(Saved data entries)
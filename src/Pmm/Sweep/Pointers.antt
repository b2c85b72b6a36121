-- ===== src/Pmm/Sweep/Pointers.antt =====
-- The cursor of a sweep, stage by stage: at each stage it is aligned to the unit of the core, or
-- it has reached the end. A stage from `p` to `t` moves by whole units of `n` bytes.
use bare_metal_programming.Prelude.{ℕ, ◌+◌, ◌-◌, ◌*◌, ◌/◌, ◌%◌, ◌≤◌, ◌≡◌, arith, min, max, ◌⊎◌}

abbrev pub Moves : ℕ → ℕ → ℕ → Type 0
Moves n p t = (t ≤ p) ⊎ (t ≡ p + (t - p) / n * n)

-- `end & ~(n - 1)`, and the end of a stage that aligns to `n`.
abbrev pub down : ℕ → ℕ → ℕ
down n end_ = end_ / n * n

abbrev pub up_to : ℕ → ℕ → ℕ → ℕ
up_to n p end_ = min ((p + (n - 1)) / n * n) (down n end_)

-- A cursor that is aligned to `n`, or has no whole unit of `n` bytes before the end.
abbrev pub Ready : ℕ → ℕ → ℕ → Type 0
Ready n p end_ = (p ≤ end_) × ((p % n ≡ 0) ⊎ (down n end_ ≤ p))

abbrev pub Ready4 : ℕ → ℕ → Type 0
Ready4 p end_ = Ready 2 p end_ × Ready 4 p end_

abbrev pub Ready16 : ℕ → ℕ → Type 0
Ready16 p end_ = Ready4 p end_ × Ready 16 p end_

abbrev pub Ready32 : ℕ → ℕ → Type 0
Ready32 p end_ = Ready16 p end_ × Ready 32 p end_

module _ (p end_ : ℕ) where
  pub bytes_Moves : (t : ℕ) → Moves 1 p t
  bytes_Moves t = omega arith

  pub align_2 : p ≤ end_ → Ready 2 (max p (up_to 2 p end_)) end_
  align_2 h = omega arith

  pub align_4 : Ready 2 p end_ → Moves 2 p (up_to 4 p end_) × Ready4 (max p (up_to 4 p end_)) end_
  align_4 r = (omega arith, omega arith)

  pub align_16 :
      Ready4 p end_ → Moves 4 p (up_to 16 p end_) × Ready16 (max p (up_to 16 p end_)) end_
  align_16 r = (omega arith, omega arith)

  pub align_32 :
      Ready16 p end_ → Moves 16 p (up_to 32 p end_) × Ready32 (max p (up_to 32 p end_)) end_
  align_32 r = (omega arith, omega arith)

  pub bulk_32 : Ready32 p end_ → Moves 32 p (down 32 end_) × Ready16 (max p (down 32 end_)) end_
  bulk_32 r = (omega arith, omega arith)

  pub bulk_16 : Ready16 p end_ → Moves 16 p (down 16 end_) × Ready16 (max p (down 16 end_)) end_
  bulk_16 r = (omega arith, omega arith)

  pub bulk_4 : Ready4 p end_ → Moves 4 p (down 4 end_) × Ready4 (max p (down 4 end_)) end_
  bulk_4 r = (omega arith, omega arith)

  pub bulk_2 : Ready 2 p end_ → Moves 2 p (down 2 end_) × Ready 2 (max p (down 2 end_)) end_
  bulk_2 r = (omega arith, omega arith)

**Prompt**.
Every line that contains the string "whole" should be returned from the data.

**Problem solution**.
-- it has reached the end. A stage from `p` to `t` moves by whole units of `n` bytes.
-- A cursor that is aligned to `n`, or has no whole unit of `n` bytes before the end.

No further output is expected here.